(Dataset items)

####################

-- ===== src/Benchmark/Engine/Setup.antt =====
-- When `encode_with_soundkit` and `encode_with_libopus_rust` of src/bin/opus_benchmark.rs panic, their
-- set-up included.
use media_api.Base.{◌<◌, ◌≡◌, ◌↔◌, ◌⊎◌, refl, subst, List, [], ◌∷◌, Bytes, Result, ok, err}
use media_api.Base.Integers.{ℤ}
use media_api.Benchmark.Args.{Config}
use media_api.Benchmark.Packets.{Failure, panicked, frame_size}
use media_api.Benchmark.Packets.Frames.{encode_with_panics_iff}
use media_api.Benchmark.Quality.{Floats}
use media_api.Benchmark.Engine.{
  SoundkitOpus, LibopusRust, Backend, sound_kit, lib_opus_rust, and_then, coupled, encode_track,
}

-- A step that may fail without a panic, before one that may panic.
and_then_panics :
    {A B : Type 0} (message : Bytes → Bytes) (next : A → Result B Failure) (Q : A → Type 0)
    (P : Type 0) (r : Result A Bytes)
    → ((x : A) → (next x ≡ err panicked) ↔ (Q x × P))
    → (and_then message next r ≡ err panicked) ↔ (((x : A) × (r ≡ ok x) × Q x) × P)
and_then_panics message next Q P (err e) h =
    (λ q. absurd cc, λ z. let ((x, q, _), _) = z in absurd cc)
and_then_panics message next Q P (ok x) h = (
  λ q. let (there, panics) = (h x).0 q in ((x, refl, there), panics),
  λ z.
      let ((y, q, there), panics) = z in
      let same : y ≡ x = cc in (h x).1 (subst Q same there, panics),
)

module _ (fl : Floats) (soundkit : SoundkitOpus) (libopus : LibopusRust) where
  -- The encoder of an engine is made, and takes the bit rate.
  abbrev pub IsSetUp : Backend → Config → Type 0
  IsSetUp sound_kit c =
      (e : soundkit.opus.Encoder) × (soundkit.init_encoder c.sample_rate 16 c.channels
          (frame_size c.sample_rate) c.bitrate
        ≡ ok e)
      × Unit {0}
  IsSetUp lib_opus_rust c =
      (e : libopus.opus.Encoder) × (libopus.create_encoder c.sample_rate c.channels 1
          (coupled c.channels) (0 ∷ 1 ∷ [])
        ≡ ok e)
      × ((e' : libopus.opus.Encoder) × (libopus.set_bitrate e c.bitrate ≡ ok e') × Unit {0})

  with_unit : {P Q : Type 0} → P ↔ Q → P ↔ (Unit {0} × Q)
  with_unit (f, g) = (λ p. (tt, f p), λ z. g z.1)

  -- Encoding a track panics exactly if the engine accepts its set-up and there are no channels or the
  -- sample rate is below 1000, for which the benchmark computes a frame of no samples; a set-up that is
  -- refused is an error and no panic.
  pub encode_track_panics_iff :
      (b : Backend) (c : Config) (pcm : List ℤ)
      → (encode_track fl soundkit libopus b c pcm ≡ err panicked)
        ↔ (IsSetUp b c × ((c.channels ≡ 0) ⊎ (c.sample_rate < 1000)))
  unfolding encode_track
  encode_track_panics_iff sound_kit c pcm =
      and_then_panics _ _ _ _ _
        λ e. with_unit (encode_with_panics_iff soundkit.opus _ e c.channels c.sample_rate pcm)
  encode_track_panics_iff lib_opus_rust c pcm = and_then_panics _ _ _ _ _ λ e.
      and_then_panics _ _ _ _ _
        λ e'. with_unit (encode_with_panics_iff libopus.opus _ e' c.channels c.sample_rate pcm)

####################

_EXERCISE GOAL:_
If a line of the data above holds the string "refl", count it, then state only the total.

_WRITTEN SOLUTION:_
2